WHAT TO WORK ON: Would you reproduce exactly the lines below from the one holding "type_discovery_result type_replied type_publish_terminated" through the one holding "pub record Listener : Type 0 where", inclusive, and no others?
** Opening MATERIAL FOR THE TASK block **
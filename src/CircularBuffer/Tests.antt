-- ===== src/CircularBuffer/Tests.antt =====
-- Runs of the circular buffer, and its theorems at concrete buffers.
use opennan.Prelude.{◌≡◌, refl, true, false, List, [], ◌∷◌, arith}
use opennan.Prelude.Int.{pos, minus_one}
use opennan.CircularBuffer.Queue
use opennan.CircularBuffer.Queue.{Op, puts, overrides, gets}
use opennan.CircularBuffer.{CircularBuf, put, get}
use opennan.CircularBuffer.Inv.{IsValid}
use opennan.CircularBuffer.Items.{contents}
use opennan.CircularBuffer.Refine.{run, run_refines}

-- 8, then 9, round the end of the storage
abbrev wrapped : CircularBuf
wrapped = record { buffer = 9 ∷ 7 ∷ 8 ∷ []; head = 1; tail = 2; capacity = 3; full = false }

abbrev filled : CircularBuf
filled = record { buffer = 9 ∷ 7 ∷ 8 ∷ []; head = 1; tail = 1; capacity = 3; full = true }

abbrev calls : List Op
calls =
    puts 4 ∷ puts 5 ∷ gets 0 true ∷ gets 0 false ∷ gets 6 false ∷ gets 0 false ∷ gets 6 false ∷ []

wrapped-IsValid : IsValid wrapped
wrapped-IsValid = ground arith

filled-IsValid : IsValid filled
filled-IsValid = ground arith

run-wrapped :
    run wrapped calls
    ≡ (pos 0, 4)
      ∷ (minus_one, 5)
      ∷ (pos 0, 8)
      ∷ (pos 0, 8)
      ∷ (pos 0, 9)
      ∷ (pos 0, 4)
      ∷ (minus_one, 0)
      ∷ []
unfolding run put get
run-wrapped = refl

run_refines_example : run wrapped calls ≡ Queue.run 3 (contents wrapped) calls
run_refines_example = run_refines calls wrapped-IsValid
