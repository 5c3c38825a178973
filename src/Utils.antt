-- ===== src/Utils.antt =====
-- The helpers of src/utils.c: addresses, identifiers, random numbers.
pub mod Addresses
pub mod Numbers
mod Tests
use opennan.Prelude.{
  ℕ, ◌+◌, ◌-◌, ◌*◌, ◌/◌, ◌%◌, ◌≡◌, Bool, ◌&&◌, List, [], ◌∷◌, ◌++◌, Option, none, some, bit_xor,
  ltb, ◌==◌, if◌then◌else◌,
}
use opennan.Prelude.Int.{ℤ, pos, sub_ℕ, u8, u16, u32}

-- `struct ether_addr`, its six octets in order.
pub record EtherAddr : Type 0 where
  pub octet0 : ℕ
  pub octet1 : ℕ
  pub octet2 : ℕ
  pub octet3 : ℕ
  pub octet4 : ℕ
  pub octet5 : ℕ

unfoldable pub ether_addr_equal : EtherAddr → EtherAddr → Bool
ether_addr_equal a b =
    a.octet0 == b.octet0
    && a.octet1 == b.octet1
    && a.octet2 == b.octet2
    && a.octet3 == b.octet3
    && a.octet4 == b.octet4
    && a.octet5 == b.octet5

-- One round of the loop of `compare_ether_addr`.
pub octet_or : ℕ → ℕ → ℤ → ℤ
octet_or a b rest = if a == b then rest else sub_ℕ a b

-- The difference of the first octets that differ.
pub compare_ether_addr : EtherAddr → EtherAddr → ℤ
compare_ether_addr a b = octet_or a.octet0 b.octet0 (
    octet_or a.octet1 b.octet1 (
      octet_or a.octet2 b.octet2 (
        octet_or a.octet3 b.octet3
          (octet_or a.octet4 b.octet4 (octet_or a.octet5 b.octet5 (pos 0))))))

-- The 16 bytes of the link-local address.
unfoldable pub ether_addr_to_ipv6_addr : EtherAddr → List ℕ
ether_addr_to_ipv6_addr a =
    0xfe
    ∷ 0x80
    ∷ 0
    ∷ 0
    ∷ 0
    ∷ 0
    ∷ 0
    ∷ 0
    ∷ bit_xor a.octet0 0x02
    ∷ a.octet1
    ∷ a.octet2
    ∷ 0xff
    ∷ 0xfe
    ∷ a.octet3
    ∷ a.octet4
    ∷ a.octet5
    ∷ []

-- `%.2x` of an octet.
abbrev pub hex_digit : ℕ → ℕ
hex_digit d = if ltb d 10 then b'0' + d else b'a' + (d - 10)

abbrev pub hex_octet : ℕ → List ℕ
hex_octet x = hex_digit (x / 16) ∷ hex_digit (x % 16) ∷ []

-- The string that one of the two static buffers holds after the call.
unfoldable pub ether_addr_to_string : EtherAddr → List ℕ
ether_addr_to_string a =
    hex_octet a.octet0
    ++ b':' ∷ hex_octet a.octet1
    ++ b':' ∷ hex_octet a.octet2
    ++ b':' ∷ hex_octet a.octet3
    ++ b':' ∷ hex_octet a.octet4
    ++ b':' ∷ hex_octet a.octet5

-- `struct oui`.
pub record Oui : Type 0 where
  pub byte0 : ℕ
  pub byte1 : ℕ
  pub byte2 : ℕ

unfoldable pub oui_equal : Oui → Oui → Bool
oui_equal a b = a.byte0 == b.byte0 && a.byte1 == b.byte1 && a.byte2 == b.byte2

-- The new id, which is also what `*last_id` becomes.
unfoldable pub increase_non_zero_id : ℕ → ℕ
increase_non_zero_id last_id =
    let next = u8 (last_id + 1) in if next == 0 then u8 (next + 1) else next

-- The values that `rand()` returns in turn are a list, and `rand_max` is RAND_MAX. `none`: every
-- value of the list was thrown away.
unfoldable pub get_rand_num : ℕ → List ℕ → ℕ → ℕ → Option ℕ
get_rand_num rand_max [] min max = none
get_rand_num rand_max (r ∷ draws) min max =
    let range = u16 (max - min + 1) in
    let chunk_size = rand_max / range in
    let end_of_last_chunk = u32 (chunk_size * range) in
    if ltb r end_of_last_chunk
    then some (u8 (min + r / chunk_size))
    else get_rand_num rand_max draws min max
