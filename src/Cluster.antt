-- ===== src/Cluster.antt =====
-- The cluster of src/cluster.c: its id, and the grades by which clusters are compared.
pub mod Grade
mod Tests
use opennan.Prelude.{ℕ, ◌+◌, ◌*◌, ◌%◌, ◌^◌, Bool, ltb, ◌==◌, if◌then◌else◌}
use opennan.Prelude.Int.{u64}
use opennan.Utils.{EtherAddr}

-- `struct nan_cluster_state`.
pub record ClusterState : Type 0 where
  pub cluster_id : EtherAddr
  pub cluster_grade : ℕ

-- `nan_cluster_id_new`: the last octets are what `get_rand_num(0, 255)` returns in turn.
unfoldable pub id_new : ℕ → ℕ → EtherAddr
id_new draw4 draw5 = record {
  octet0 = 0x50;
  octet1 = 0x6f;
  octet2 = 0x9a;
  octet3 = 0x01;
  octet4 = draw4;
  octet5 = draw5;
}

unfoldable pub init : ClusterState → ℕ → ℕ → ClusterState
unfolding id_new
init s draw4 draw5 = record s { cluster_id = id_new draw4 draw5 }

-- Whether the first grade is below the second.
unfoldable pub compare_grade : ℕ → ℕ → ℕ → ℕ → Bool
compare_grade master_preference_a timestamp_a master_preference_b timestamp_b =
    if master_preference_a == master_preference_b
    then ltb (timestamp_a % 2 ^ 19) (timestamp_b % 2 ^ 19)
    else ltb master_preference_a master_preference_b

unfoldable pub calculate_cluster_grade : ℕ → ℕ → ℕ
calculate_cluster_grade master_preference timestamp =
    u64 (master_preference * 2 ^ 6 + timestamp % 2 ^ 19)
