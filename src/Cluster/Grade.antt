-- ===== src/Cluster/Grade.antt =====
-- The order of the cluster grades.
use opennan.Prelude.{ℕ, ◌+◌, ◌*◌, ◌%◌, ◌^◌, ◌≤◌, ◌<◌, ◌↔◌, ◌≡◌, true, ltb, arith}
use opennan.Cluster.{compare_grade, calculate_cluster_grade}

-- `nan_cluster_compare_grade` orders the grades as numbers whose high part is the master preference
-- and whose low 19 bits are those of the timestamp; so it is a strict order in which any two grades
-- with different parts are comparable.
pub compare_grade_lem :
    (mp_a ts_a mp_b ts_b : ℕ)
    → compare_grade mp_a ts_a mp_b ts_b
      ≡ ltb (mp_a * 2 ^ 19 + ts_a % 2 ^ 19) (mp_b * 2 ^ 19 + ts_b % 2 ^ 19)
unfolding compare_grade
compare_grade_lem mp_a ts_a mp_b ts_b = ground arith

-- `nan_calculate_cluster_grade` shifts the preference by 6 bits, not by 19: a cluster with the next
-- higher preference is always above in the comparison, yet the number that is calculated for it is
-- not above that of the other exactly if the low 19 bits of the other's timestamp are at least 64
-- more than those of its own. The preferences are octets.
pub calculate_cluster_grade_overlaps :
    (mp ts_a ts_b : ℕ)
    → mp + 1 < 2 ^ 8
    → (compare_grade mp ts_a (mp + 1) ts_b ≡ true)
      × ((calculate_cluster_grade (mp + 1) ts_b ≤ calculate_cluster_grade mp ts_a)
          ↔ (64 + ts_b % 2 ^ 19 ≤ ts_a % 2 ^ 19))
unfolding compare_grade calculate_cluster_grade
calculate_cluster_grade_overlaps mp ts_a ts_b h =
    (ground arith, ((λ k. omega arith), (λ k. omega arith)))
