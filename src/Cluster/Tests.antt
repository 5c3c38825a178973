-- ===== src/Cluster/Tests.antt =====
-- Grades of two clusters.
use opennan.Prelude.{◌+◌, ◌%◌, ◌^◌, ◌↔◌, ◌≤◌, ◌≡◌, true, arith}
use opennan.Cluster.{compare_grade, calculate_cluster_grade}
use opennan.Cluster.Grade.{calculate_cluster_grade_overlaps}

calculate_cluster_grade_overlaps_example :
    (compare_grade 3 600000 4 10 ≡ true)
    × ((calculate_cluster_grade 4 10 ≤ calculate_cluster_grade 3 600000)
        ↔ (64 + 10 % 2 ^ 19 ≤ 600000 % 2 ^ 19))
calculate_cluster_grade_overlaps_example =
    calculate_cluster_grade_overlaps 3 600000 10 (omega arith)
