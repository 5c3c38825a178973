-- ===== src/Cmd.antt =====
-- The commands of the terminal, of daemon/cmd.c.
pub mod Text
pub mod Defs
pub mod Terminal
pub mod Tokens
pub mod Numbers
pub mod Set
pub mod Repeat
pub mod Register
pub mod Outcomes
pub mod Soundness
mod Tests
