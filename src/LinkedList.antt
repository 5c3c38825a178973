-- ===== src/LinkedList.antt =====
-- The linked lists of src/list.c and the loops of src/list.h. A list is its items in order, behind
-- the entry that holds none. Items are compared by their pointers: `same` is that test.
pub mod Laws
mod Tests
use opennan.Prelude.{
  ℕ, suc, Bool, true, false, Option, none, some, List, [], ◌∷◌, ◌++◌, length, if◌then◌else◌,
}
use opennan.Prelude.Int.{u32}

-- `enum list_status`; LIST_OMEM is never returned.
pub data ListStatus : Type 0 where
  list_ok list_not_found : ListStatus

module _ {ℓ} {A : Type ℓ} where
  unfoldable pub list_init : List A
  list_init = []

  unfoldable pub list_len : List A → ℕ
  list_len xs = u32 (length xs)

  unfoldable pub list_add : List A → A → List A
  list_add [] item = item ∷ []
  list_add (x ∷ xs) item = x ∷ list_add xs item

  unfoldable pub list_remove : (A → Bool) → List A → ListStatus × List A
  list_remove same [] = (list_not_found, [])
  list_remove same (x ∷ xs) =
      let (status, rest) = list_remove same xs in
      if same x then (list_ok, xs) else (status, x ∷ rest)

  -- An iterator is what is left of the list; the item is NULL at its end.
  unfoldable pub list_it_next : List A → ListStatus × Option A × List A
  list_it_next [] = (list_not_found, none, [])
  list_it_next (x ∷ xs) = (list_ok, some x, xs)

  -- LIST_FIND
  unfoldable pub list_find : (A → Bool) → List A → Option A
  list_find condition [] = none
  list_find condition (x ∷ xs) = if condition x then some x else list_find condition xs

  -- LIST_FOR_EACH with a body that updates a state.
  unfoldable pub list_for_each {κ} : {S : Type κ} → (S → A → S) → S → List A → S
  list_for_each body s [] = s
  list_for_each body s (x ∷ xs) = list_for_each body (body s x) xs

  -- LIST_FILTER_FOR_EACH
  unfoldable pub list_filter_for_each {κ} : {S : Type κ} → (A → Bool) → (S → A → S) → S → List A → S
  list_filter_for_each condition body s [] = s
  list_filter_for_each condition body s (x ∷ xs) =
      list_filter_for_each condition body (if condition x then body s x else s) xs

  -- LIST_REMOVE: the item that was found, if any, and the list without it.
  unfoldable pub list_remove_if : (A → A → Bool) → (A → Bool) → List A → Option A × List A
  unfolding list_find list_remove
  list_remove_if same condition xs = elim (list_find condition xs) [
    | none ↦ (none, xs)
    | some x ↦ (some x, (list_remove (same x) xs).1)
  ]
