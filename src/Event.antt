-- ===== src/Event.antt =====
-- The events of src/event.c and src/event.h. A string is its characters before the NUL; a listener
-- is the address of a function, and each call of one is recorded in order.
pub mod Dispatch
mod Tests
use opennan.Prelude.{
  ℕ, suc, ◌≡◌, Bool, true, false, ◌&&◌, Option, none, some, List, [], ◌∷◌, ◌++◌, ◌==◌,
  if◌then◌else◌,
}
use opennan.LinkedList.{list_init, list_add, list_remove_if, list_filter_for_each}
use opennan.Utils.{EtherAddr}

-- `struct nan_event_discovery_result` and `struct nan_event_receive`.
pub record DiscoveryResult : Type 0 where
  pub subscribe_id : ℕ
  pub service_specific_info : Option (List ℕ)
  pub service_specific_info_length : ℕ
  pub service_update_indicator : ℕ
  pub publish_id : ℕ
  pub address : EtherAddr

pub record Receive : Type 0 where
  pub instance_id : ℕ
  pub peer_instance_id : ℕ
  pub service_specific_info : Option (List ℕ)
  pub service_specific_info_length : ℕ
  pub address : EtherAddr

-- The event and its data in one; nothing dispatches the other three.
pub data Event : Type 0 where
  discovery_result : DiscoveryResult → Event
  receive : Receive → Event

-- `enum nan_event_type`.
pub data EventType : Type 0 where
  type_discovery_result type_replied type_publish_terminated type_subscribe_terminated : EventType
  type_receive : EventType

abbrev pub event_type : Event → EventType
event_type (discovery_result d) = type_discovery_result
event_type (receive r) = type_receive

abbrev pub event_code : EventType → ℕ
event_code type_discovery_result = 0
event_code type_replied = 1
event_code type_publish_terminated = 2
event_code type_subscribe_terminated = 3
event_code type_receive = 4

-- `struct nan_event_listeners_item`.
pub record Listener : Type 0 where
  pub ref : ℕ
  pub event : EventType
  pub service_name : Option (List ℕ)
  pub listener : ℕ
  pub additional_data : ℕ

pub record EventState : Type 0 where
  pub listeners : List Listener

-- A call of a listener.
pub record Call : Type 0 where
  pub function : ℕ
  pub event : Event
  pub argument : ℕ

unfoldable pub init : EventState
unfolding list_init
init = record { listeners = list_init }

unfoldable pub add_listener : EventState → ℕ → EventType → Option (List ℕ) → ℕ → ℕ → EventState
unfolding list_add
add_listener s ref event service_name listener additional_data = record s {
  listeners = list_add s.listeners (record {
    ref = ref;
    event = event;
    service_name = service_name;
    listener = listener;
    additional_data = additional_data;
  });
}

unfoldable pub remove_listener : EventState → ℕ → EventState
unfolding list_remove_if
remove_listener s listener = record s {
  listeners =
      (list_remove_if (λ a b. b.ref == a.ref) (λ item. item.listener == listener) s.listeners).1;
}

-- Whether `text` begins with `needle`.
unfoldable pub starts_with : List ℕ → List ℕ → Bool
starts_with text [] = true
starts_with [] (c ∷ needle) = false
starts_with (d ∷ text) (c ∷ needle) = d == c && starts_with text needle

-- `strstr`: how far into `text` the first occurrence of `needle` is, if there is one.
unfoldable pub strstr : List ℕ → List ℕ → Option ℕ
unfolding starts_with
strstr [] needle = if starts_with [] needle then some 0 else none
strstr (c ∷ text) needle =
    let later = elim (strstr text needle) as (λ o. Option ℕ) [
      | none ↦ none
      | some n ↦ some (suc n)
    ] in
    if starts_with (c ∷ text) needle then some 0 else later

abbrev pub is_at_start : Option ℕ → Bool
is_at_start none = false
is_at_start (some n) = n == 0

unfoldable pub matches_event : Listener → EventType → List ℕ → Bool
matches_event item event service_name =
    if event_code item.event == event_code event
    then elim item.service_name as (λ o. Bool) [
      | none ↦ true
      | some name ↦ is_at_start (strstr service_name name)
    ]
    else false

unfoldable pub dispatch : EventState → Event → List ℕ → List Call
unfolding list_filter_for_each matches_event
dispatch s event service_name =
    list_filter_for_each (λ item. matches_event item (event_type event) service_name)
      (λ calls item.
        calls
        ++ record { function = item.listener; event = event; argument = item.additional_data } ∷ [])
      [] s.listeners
** Closing MATERIAL FOR THE TASK block **
EXPECTED ANSWER:
  type_discovery_result type_replied type_publish_terminated type_subscribe_terminated : EventType
  type_receive : EventType

abbrev pub event_type : Event → EventType
event_type (discovery_result d) = type_discovery_result
event_type (receive r) = type_receive

abbrev pub event_code : EventType → ℕ
event_code type_discovery_result = 0
event_code type_replied = 1
event_code type_publish_terminated = 2
event_code type_subscribe_terminated = 3
event_code type_receive = 4

-- `struct nan_event_listeners_item`.
pub record Listener : Type 0 where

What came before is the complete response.